When my son was 18 months old, he first noticed my holsterd gun after I got home from a day of hunting. I explained what it was and offered the generic explanation "I use it to catch pigs for dinner". He accepted that explanation and somehow remembered it. One day just after his 2nd birthday, I took him with me to my military unit when I went to pick up some paperwork. He saw one of the Security Police Officers in uniform and noticed his sidearm. Knowing that the officer was "daddy's friend", he walked up to the officer and asked him if he used the sidearm to "catch pigs". My buddy, not knowing what he was taliking about (and not being around children himself) said something like "No, perps shoot at us pigs, I use this to catch perps." My son asked me what a "perp" was. When we got home, I explained what a "perp" or "bad guy" was and explained that police officers are sometimes called "pigs" by bad guys. He seemed to understand and he asked "You're not a bad guy right?" I assured him that I was a "good guy" and that I catch "bad guys". Around the time he turned 3 years old, he was playing with water guns with his cousins. I told him that he wasn't allowed to play with the "guns", but he could play with the other things like the banana, boat or camera that shot water. He asked "why?" and I asked him "Are your cousins bad guys?" He shook his head and said "No, I don't want to shoot my cousins" (remembering what the pig looked like when I brought it home from the field). A few days later we were in a toy store and he saw an inexpensive airsoft gun that resembeled my G 23. He asked if he could have it, and I agreed but cautioned him that he would have to treat it like daddy treats his guns. He agreed, so I bough him the airsoft pistol. I set up targets for him and taught him about "safe direction" and proper firearms handling. When we wer done, I had him put the airsof gun away in his own "safe" (one of my old Pelican cases without the foam).
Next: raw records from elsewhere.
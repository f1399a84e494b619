-- ===== src/Rotation/EnvFile/Written.antt =====
-- A rendered environment file as a text, and loading it again.
use Prim.Native.Char.{Char, code}
use text.Mathlib.TextLemmas.{nil-append, cons-append, append-nil, append_assoc}
use open_energy_data_server.Common.{
  ℕ, ◌≡◌, refl, sym, ◌∙◌, ap, subst, String, Bool, true, false, not, ◌&&◌, Option, none, some, List,
  [], ◌∷◌, ◌==◌, leb, arith, All, All-append, Bool-cases, Option-cases, inl, inr,
}
use open_energy_data_server.Common.Strip.{strip, lstrip, rstrip, is_empty, cons_first}
use open_energy_data_server.Common.Text.{◌<>◌}
use open_energy_data_server.Common.Sets.{contains}
use open_energy_data_server.Common.Dict
use open_energy_data_server.Common.Dict.{Dict}
use open_energy_data_server.Rotation.EnvFile.{
  newline, is_line_break, starts_with_newline, splitlines, join_lines, rstrip_newlines, is_letter,
  are_word, is_identifier, load_line, load_lines, load_env_file, env_line_key, render_line,
  render_lines, updated_keys, missing_lines, render_env_lines, render_env_file,
}
use open_energy_data_server.Rotation.EnvFile.RoundTrip.{
  AreUpdates, env_key-identifier, get-rendered_env_lines,
}

-- The text has no character that ends a line.
unfoldable pub no_breaks : String → Bool
no_breaks String.[] = true
no_breaks (String.◌∷◌ c s) = not (is_line_break (code c)) && no_breaks s

AreLines : List String → Type 0
AreLines lines = All (λ line. no_breaks line ≡ true) lines

abbrev newline_char : Char
newline_char = "\n"

newline_first : (t : String) → newline <> t ≡ String.◌∷◌ newline_char t
newline_first t = cons-append newline_char "" t ∙ ap (String.◌∷◌ newline_char) (nil-append t)

split_line : (x t : String) → no_breaks x ≡ true → splitlines (x <> newline <> t) ≡ x ∷ splitlines t
unfolding splitlines no_breaks cons_first is_line_break
split_line String.[] t h = rw (nil-append (newline <> t), newline_first t) refl
split_line (String.◌∷◌ c s) t h =
    rw (cons-append c s (newline <> t)) (ground (arith, split_line s t))

split_last : (x : String) → no_breaks x ≡ true → splitlines (x <> newline) ≡ x ∷ []
unfolding splitlines
split_last x h = subst (λ t. splitlines (x <> t) ≡ x ∷ []) (append-nil newline) (split_line x "" h)

kept_whole : (x : String) → no_breaks x ≡ true → rstrip_newlines x ≡ x
unfolding rstrip_newlines no_breaks is_line_break
kept_whole String.[] h = refl
kept_whole (String.◌∷◌ c s) h = ground (arith, kept_whole s)

kept_tail :
    (x s : String)
    → no_breaks x ≡ true
    → is_empty (rstrip_newlines s) ≡ false
    → rstrip_newlines (x <> s) ≡ x <> rstrip_newlines s
unfolding rstrip_newlines no_breaks is_line_break
kept_tail String.[] s h f = rw (nil-append s, nil-append (rstrip_newlines s)) refl
kept_tail (String.◌∷◌ c x) s h f =
    rw (cons-append c x s, cons-append c x (rstrip_newlines s)) (ground (arith, kept_tail x s))

empty_is : (s : String) → is_empty s ≡ true → s ≡ ""
unfolding is_empty
empty_is String.[] h = refl
empty_is (String.◌∷◌ c s) h = absurd (ground arith)

dropped_tail :
    (x s : String)
    → no_breaks x ≡ true
    → is_empty (rstrip_newlines s) ≡ true
    → rstrip_newlines (x <> s) ≡ x
unfolding rstrip_newlines no_breaks is_line_break
dropped_tail String.[] s h f = rw (nil-append s) (empty_is (rstrip_newlines s) f)
dropped_tail (String.◌∷◌ c x) s h f = rw (cons-append c x s) (ground (arith, dropped_tail x s))

blank_tail :
    (s : String) → is_empty (rstrip_newlines s) ≡ true → rstrip_newlines (newline <> s) ≡ ""
unfolding rstrip_newlines
blank_tail s h = rw (newline_first s) (rw h refl)

full_tail :
    (s : String)
    → is_empty (rstrip_newlines s) ≡ false
    → rstrip_newlines (newline <> s) ≡ newline <> rstrip_newlines s
unfolding rstrip_newlines
full_tail s h = rw (newline_first s, newline_first (rstrip_newlines s)) (rw h refl)

newline_full : (t : String) → is_empty (newline <> t) ≡ false
unfolding is_empty
newline_full t = rw (newline_first t) refl

blank_line : (values : Dict String) → load_line "" values ≡ values
unfolding load_line strip lstrip rstrip is_empty
blank_line values = refl

abbrev load_text : String → Dict String → Dict String
load_text t values = load_lines (splitlines (t <> newline)) values

load_one :
    (x : String) (values : Dict String)
    → no_breaks x ≡ true
    → load_text x values ≡ load_line x values
unfolding load_lines
load_one x values h = ap (λ lines. load_lines lines values) (split_last x h)

-- Joining, stripping and splitting lines again loads what the lines load: what goes is blank.
load-written :
    (lines : List String) (values : Dict String)
    → AreLines lines
    → load_text (rstrip_newlines (join_lines lines)) values ≡ load_lines lines values
unfolding AreLines join_lines rstrip_newlines load_lines no_breaks is_empty
load-written [] values v = load_one "" values refl ∙ blank_line values
load-written (x ∷ []) values v = rw (kept_whole x v.0) (load_one x values v.0)
load-written (x ∷ y ∷ lines) values v = elim (Bool-cases (is_empty (rstrip_newlines after))) [
  | inl e ↦
      let gone : load_lines (y ∷ lines) (load_line x values) ≡ load_line x values =
        sym (load-written (y ∷ lines) (load_line x values) v.1)
        ∙ ap (λ t. load_text t (load_line x values)) (empty_is (rstrip_newlines after) e)
        ∙ load_one "" (load_line x values) refl
        ∙ blank_line (load_line x values) in
      ap (λ t. load_text t values)
        (dropped_tail x (newline <> after) v.0 (ap is_empty (blank_tail after e)))
      ∙ load_one x values v.0
      ∙ sym gone
  | inr e ↦
      ap (λ t. load_text t values)
        (kept_tail x (newline <> after) v.0
            (ap is_empty (full_tail after e) ∙ newline_full (rstrip_newlines after))
          ∙ ap (λ t. x <> t) (full_tail after e))
      ∙ ap (λ t. load_lines (splitlines t) values)
          (append_assoc x (newline <> rstrip_newlines after) newline
            ∙ ap (λ t. x <> t) (append_assoc newline (rstrip_newlines after) newline))
      ∙ ap (λ ls. load_lines ls values) (split_line x (rstrip_newlines after <> newline) v.0)
      ∙ load-written (y ∷ lines) (load_line x values) v.1
]
  where
    after : String
    after = join_lines (y ∷ lines)

splitlines-AreLines : (t : String) → AreLines (splitlines t)
unfolding AreLines splitlines no_breaks cons_first
splitlines-AreLines String.[] = tt
splitlines-AreLines (String.◌∷◌ c s) = elim (Bool-cases (is_line_break (code c))) [
  | inl e ↦ rw e (elim (Bool-cases (code c == 13 && starts_with_newline s)) [
    | inl f ↦ rw f (splitlines-AreLines s)
    | inr f ↦ rw f (refl, splitlines-AreLines s)
  ])
  | inr e ↦ rw e (first_part (splitlines s) e (splitlines-AreLines s))
]
  where
    first_part :
        (rest : List String)
        → is_line_break (code c) ≡ false
        → AreLines rest
        → AreLines (cons_first c rest)
    first_part [] e v = (ground (arith, e), tt)
    first_part (p ∷ ps) e v = (ground (arith, e, v.0), v.1)

no_breaks-append :
    (s t : String) → no_breaks s ≡ true → no_breaks t ≡ true → no_breaks (s <> t) ≡ true
unfolding no_breaks
no_breaks-append String.[] t h k = rw (nil-append t) k
no_breaks-append (String.◌∷◌ c s) t h k =
    rw (cons-append c s t) (ground (arith, no_breaks-append s t))

letter-no_break : (c : ℕ) → is_letter c ≡ true → is_line_break c ≡ false
unfolding is_letter is_line_break
letter-no_break c h = ground arith

digit-no_break : (c : ℕ) → (leb b'0' c && leb c b'9') ≡ true → is_line_break c ≡ false
unfolding is_line_break
digit-no_break c h = ground arith

word-no_breaks : (s : String) → are_word s ≡ true → no_breaks s ≡ true
unfolding are_word no_breaks
word-no_breaks String.[] h = refl
word-no_breaks (String.◌∷◌ c s) h =
    ground (arith, letter-no_break (code c), digit-no_break (code c), word-no_breaks s)

identifier-no_breaks : (s : String) → is_identifier s ≡ true → no_breaks s ≡ true
unfolding is_identifier no_breaks
identifier-no_breaks String.[] h = refl
identifier-no_breaks (String.◌∷◌ c s) h = ground (arith, letter-no_break (code c), word-no_breaks s)

entry-no_breaks :
    (k v : String) → is_identifier k ≡ true → no_breaks v ≡ true → no_breaks (k <> "=" <> v) ≡ true
unfolding no_breaks is_line_break
entry-no_breaks k v h n =
    no_breaks-append k ("=" <> v) (identifier-no_breaks k h) (no_breaks-append "=" v refl n)

-- No value of the updates has a line break.
abbrev pub AreOneLine : Dict String → Type 0
AreOneLine [] = Unit {0}
AreOneLine ((key, value) ∷ updates) = (no_breaks value ≡ true) × AreOneLine updates

value-no_breaks :
    (k v : String) (updates : Dict String)
    → AreOneLine updates
    → Dict.get k updates ≡ some v
    → no_breaks v ≡ true
unfolding Dict.get
value-no_breaks k v [] o h = absurd (ground arith)
value-no_breaks k v ((key, value) ∷ updates) o h =
    ground (arith, o.0, value-no_breaks k v updates o.1)

render_line-no_breaks :
    (updates : Dict String) (line : String)
    → AreOneLine updates
    → no_breaks line ≡ true
    → no_breaks (render_line updates line) ≡ true
unfolding render_line
render_line-no_breaks updates line o h = by_key (env_line_key line) refl
  where
    by_key :
        (k : Option String) → env_line_key line ≡ k → no_breaks (render_line updates line) ≡ true
    by_key none q = rw (q, render_line) h
    by_key (some key) q = elim (Option-cases (Dict.get key updates)) [
      | inl e ↦ rw (q, render_line) (rw e h)
      | inr (v, e) ↦
          rw (q, render_line)
            (rw e (
              entry-no_breaks key v (env_key-identifier line key q)
                (value-no_breaks key v updates o e)))
    ]

render_lines-AreLines :
    (updates : Dict String) (lines : List String)
    → AreOneLine updates
    → AreLines lines
    → AreLines (render_lines updates lines)
unfolding AreLines render_lines
render_lines-AreLines updates [] o v = tt
render_lines-AreLines updates (line ∷ lines) o v =
    (render_line-no_breaks updates line o v.0, render_lines-AreLines updates lines o v.1)

missing_lines-AreLines :
    (updated : List String) (updates : Dict String)
    → AreUpdates updates
    → AreOneLine updates
    → AreLines (missing_lines updated updates)
unfolding AreLines missing_lines
missing_lines-AreLines updated [] u o = tt
missing_lines-AreLines updated ((key, value) ∷ updates) u o =
    elim (Bool-cases (contains key updated)) [
      | inl e ↦ rw e (missing_lines-AreLines updated updates u.2 o.1)
      | inr e ↦
          rw e (entry-no_breaks key value u.0 o.0, missing_lines-AreLines updated updates u.2 o.1)
    ]

-- Loading a rendered environment file gives every key of the updates its new value, whatever the
-- text of the file was before, where the keys of the updates are distinct and such as a line can
-- assign, and no value of them has a line break.
pub get-load_env_file :
    (k v original_text : String) (updates : Dict String)
    → AreUpdates updates
    → AreOneLine updates
    → Dict.get k updates ≡ some v
    → Dict.get k (load_env_file (render_env_file original_text updates)) ≡ some v
unfolding load_env_file render_env_file render_env_lines AreLines
get-load_env_file k v original_text updates u o held =
    let lines = splitlines original_text in
    ap (Dict.get k) (
      load-written (render_env_lines lines updates) [] (
        All-append (λ line. no_breaks line ≡ true) (render_lines updates lines)
          (missing_lines (updated_keys updates lines) updates)
          (render_lines-AreLines updates lines o (splitlines-AreLines original_text))
          (missing_lines-AreLines (updated_keys updates lines) updates u o)))
    ∙ get-rendered_env_lines k v lines updates u held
I had it set up next to daddy's gun safe, so he knows where the guns should go. He locked it up with his lock and keys and daddy secured the other lock point with a cable tie (in case he has any ideas). The deal is that he can use the gun only when an adult gives him permission. He goes "shooting" with his airsoft a couple times each week. His "ammo" gets stored in an ammo can that I gave him (it's painted to his liking so it won't get confused with daddy's stuff).

A couple of months after his 4th birthday he asked if he could go shooting with me. I consulted a bunch of other NRA instructors I teach with. The main concerns were "can he safely handle the pistol" (pointed down range, etc) and "can he pull the trigger". I cleared my G 23 and set up a safe area in my home see if he could pull the trigger. I demonstrated, then had him try. After some minor corrections, he was able to pull the trigger and remember "safe direction". After several pulls of the trigger (forgot to take out the NY trigger spring) :blink: I was convinced that he would be able to safely handle the firearm (under close supervision of course). A week later we had an instructor meeting and a "free range" day following the meeting. He had fun shooting the steel pig and steel duck targets. I had him shooting my G 23 with my Advantage Arms .22 conversion kit. Even with the 8 lb trigger pull, he had no problem. After shooting 100 rounds or so, he told me he was done shooting, and told me that he wanted to watch me shoot. I had him sit in his folding chair and he enjoyed watching me shoot 100 rounds or so and especially enjoyed when I missed the target. :haha:

When we see someting on televison we discuss what's going on. Sometimes he'll ask me about it, other times I'll bring it up. Most of the time he has the correct answer. :biggrin: He's asking to go to the range again. We've got another meeting in mid December. It should be fun.



gf
 

wifeypooandmom

New member
That is an awesome job. Just posted about my lil guy 5, no concept as hard as we try. I think a gun case might help him understand.